Stimulation-associated redistribution of H+-K+-ATPase activity in isolated gastric glands.

The objective of this work is to establish a procedure to study the stimulation-dependent membrane redistribution and properties of H+-K+-ATPase in an in vitro model system, rabbit isolated gastric glands. Stimulated (10(-4) M histamine plus 10(-5) M forskolin) and resting (10(-4) M metiamide) glands were homogenized and fractionated into PO (40 g, 5 min), P1 (400 g, 10 min), P2 (14,500 g, 10 min), P3 (48,200 g, 90 min), and supernatant, S3. Significant changes occurred in the distribution of our marker for H+-K+-ATPase (K+-p-nitrophenyl phosphatase) activity: a reduction in activity of P3 and a compensatory increment in P1. P3 showed valinomycin (Val)-dependent vesicular H+ uptake, while H+ uptake in P1 was Val independent. Direct measurements of ATPase revealed that H+-K+-ATPase activity of P3 was Val dependent and decreased by stimulation; H+-K+-ATPase activity of P1 was Val independent and increased by stimulation. Further density gradient purification of P1 showed that membranes lighter than 17% Ficoll contained higher specific H+-K+-ATPase activity, and the observed increase in H+-K+-ATPase associated with stimulation was more pronounced. Also, the lighter fractions from stimulated P1 had much latent H+-K+-ATPase activity that was unmasked by n-octylglucoside.
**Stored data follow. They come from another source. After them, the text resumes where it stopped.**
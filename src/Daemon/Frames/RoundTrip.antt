-- ===== src/Daemon/Frames/RoundTrip.antt =====
-- internal/daemon/protocol.go: a frame that was written is read back.
use joyrun.Base.{
  ℕ, ◌+◌, ◌*◌, ◌/◌, ◌%◌, ◌^◌, ◌<◌, ◌≡◌, refl, ◌||◌, some, [], ◌∷◌, ◌++◌, length, ltb, nat_eq, arith,
  Bool-cases, inl, inr,
}
use joyrun.Base.Text.{Text}
use joyrun.Daemon.Frames.{max_frame_size, put_uint32, write_frame, read_full, read_frame}

read_full-append : (body rest : Text) → read_full (length body) (body ++ rest) ≡ some (body, rest)
unfolding read_full
read_full-append [] rest = refl
read_full-append (c ∷ body) rest = rw (read_full-append body rest) refl

-- The four bytes of a length below 2 ^ 32 give the length.
uint32-bytes :
    (n : ℕ)
    → n < 2 ^ 32
    → n / 2 ^ 24 % 2 ^ 8 * 2 ^ 24
        + n / 2 ^ 16 % 2 ^ 8 * 2 ^ 16
        + n / 2 ^ 8 % 2 ^ 8 * 2 ^ 8
        + n % 2 ^ 8
      ≡ n
uint32-bytes n h = omega arith

-- Every frame that writeFrame sends, readFrame reads back to the same data, whatever follows it on
-- the stream, and leaves exactly what follows.
pub read_frame-write_frame :
    (body rest : Text) {sent : Text}
    → write_frame body ≡ some sent
    → read_frame (sent ++ rest) ≡ some (body, rest)
unfolding write_frame read_frame put_uint32
read_frame-write_frame body rest {sent} h =
    elim (Bool-cases (nat_eq (length body) 0 || ltb max_frame_size (length body))) [
      | inl bad ↦ ground arith
      | inr good ↦
          let is : sent ≡ put_uint32 (length body) ++ body = ground arith in
          rw (is, uint32-bytes (length body) (ground arith), good) (read_full-append body rest)
    ]
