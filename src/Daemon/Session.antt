-- ===== src/Daemon/Session.antt =====
-- internal/daemon/protocol.go: Server.serve and Call.
pub mod Auth
pub mod Answered
use joyrun.Base.{
  ℕ, String, Bool, true, false, ◌&&◌, ◌||◌, not, Option, none, some, List, [], ◌∷◌, ◌++◌, ◌==◌,
  nat_eq, if◌then◌else◌,
}
use joyrun.Base.Text.{Text}
use joyrun.Base.Numbers.{ℤ, pos}
use joyrun.Daemon.Frames.{write_frame, read_frame}

pub record Request : Type 0 where
  pub kind : String
  pub protocol : ℕ
  pub client_version : String
  pub secret : String
  pub request_id : String
  pub method : String
  pub cwd : String
  pub args : List String

pub record HelloResponse : Type 0 where
  pub kind : String
  pub protocol : ℕ
  pub min_protocol : ℕ
  pub version : String
  pub instance_id : String
  pub pid : ℕ
  pub schema : String
  pub started_at : String
  pub error : String

pub record Response : Type 0 where
  pub kind : String
  pub request_id : String
  pub succeeded : Bool
  pub exit_code : ℤ
  pub stdout : String
  pub stderr : String
  pub error : String

-- What a connection reads of a Server. `status_text` is the JSON text of `daemon status`.
pub record Server : Type 0 where
  pub version : String
  pub schema : String
  pub instance_id : String
  pub pid : ℕ
  pub started_at : String
  pub status_text : String
  pub secret : String

-- json.Marshal and json.Unmarshal at the three types; `none` is an error.
pub record Codec : Type 0 where
  pub request : Request → Text
  pub to_request : Text → Option Request
  pub hello : HelloResponse → Text
  pub to_hello : Text → Option HelloResponse
  pub response : Response → Text
  pub to_response : Text → Option Response

abbrev pub Handler : Type 0
Handler = List String → String → ℤ × String × String

-- What a connection did: the bytes it wrote, the commands it ran, and whether it stopped the daemon.
pub record Served : Type 0 where
  pub output : Text
  pub handled : List (List String × String)
  pub stopped : Bool

abbrev pub protocol_version : ℕ
protocol_version = 1

abbrev pub nothing : Served
nothing = record { output = []; handled = []; stopped = false }

-- `_ = writeFrame(…)`
abbrev pub written : Option Text → Text
written none = []
written (some frame) = frame

abbrev pub is_daemon_call : String → List String → Bool
is_daemon_call name (a ∷ b ∷ rest) = a == "daemon" && b == name
is_daemon_call name _ = false

-- The method that Call asks for.
abbrev pub method_of : List String → String
method_of args =
    if is_daemon_call "status" args
    then "daemon.status"
    else if is_daemon_call "stop" args
    then "daemon.stop"
    else "command.execute"

module _ (json : Codec) where
  abbrev with_rest : {A : Type 0} → Text → Option A → Option (A × Text)
  with_rest rest none = none
  with_rest rest (some a) = some (a, rest)

  abbrev decoded : {A : Type 0} → (Text → Option A) → Option (Text × Text) → Option (A × Text)
  decoded parse none = none
  decoded parse (some (body, rest)) = with_rest rest (parse body)

  -- readFrame with json.Unmarshal
  unfoldable pub read_value : {A : Type 0} → (Text → Option A) → Text → Option (A × Text)
  read_value parse s = decoded parse (read_frame s)

  module _ (server : Server) where
    abbrev pub is_authentic : Request → Bool
    is_authentic hello =
        hello.kind == "hello"
        && nat_eq hello.protocol protocol_version
        && hello.secret == server.secret

    abbrev pub hello_error : HelloResponse
    hello_error = record {
      kind = "hello_error";
      protocol = protocol_version;
      min_protocol = protocol_version;
      version = server.version;
      instance_id = "";
      pid = 0;
      schema = "";
      started_at = "";
      error = "IPC_AUTH_FAILED";
    }

    abbrev pub hello_ok : HelloResponse
    hello_ok = record {
      kind = "hello_ok";
      protocol = protocol_version;
      min_protocol = protocol_version;
      version = server.version;
      instance_id = server.instance_id;
      pid = server.pid;
      schema = server.schema;
      started_at = server.started_at;
      error = "";
    }

    abbrev pub answer_with : Request → Bool → ℤ → String → String → String → Response
    answer_with req fine code out errors error = record {
      kind = "response";
      request_id = req.request_id;
      succeeded = fine;
      exit_code = code;
      stdout = out;
      stderr = errors;
      error = error;
    }

    abbrev pub is_zero_code : ℤ → Bool
    is_zero_code (pos n) = nat_eq n 0
    is_zero_code _ = false

    abbrev pub said : Response → Served
    said r = record nothing { output = written (write_frame (json.response r)) }

    abbrev pub handle : Option Handler → Request → Served
    handle none req = said (answer_with req false (pos 1) "" "" "DAEMON_HANDLER_UNAVAILABLE")
    handle (some handler) req =
        let (code, out, errors) = handler req.args req.cwd in
        record (said (answer_with req (is_zero_code code) code out errors "")) {
          handled = (req.args, req.cwd) ∷ [];
        }

    -- serve, once the request is read.
    unfoldable pub serve_request : Option Handler → Request → Served
    serve_request handler req =
        if not (req.kind == "request")
        then said (answer_with req false (pos 1) "" "" "IPC_INVALID_REQUEST")
        else if req.method == "daemon.stop"
        then record (said (answer_with req true (pos 0) "" "" "")) { stopped = true }
        else if req.method == "daemon.status"
        then said (answer_with req true (pos 0) server.status_text "" "")
        else handle handler req

    abbrev pub after_hello : Option Handler → Text → Option (Request × Text) → Served
    after_hello handler greeting none = record nothing { output = greeting }
    after_hello handler greeting (some (req, rest)) =
        let s = serve_request handler req in record s { output = greeting ++ s.output }

    -- The reply to an authentic hello; a frame that cannot be written ends the connection.
    abbrev pub greeted : Option Handler → Text → Option Text → Served
    greeted handler rest none = nothing
    greeted handler rest (some greeting) =
        after_hello handler greeting (read_value json.to_request rest)

    abbrev pub heard : Option Handler → Option (Request × Text) → Served
    heard handler none = nothing
    heard handler (some (hello, rest)) =
        if not (is_authentic hello)
        then record nothing { output = written (write_frame (json.hello hello_error)) }
        else greeted handler rest (write_frame (json.hello hello_ok))

    -- Server.serve on all that a client sends. `free` says whether one of the 64 slots is free.
    unfoldable pub serve : Bool → Option Handler → Text → Served
    unfolding serve_request
    serve free handler input =
        if free then heard handler (read_value json.to_request input) else nothing

  abbrev pub hello_of : String → String → Request
  hello_of version secret = record {
    kind = "hello";
    protocol = protocol_version;
    client_version = version;
    secret = secret;
    request_id = "";
    method = "";
    cwd = "";
    args = [];
  }

  abbrev pub request_of : String → String → List String → Request
  request_of id cwd args = record {
    kind = "request";
    protocol = protocol_version;
    client_version = "";
    secret = "";
    request_id = id;
    method = method_of args;
    cwd = cwd;
    args = args;
  }

  -- What Call sends, if both frames can be written.
  abbrev both : Option Text → Option Text → Option Text
  both (some a) (some b) = some (a ++ b)
  both _ _ = none

  unfoldable pub call_input : String → String → String → String → List String → Option Text
  call_input version secret id cwd args =
      both (write_frame (json.request (hello_of version secret)))
        (write_frame (json.request (request_of id cwd args)))

  abbrev second : Option (Response × Text) → Option Response
  second none = none
  second (some (r, rest)) = some r

  abbrev first : Option (HelloResponse × Text) → Option Response
  first none = none
  first (some (hello, rest)) =
      if hello.kind == "hello_ok" then second (read_value json.to_response rest) else none

  -- What Call hands back for the bytes that the server sent; `none` is an error.
  unfoldable pub call_output : Text → Option Response
  unfolding read_value
  call_output output = first (read_value json.to_hello output)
The properties of membrane fractions from isolated glands were consistent with results obtained in vivo: high H+-K+-ATPase activity of P3 from resting glands corresponds to cytoplasmic tubulovesicles lacking KCl transport pathways; high activity of P1 from stimulated glands corresponds to apical plasma membrane vesicles containing KCl transport in addition to the H+-K+-ATPase, and full competency for the generation of HCl.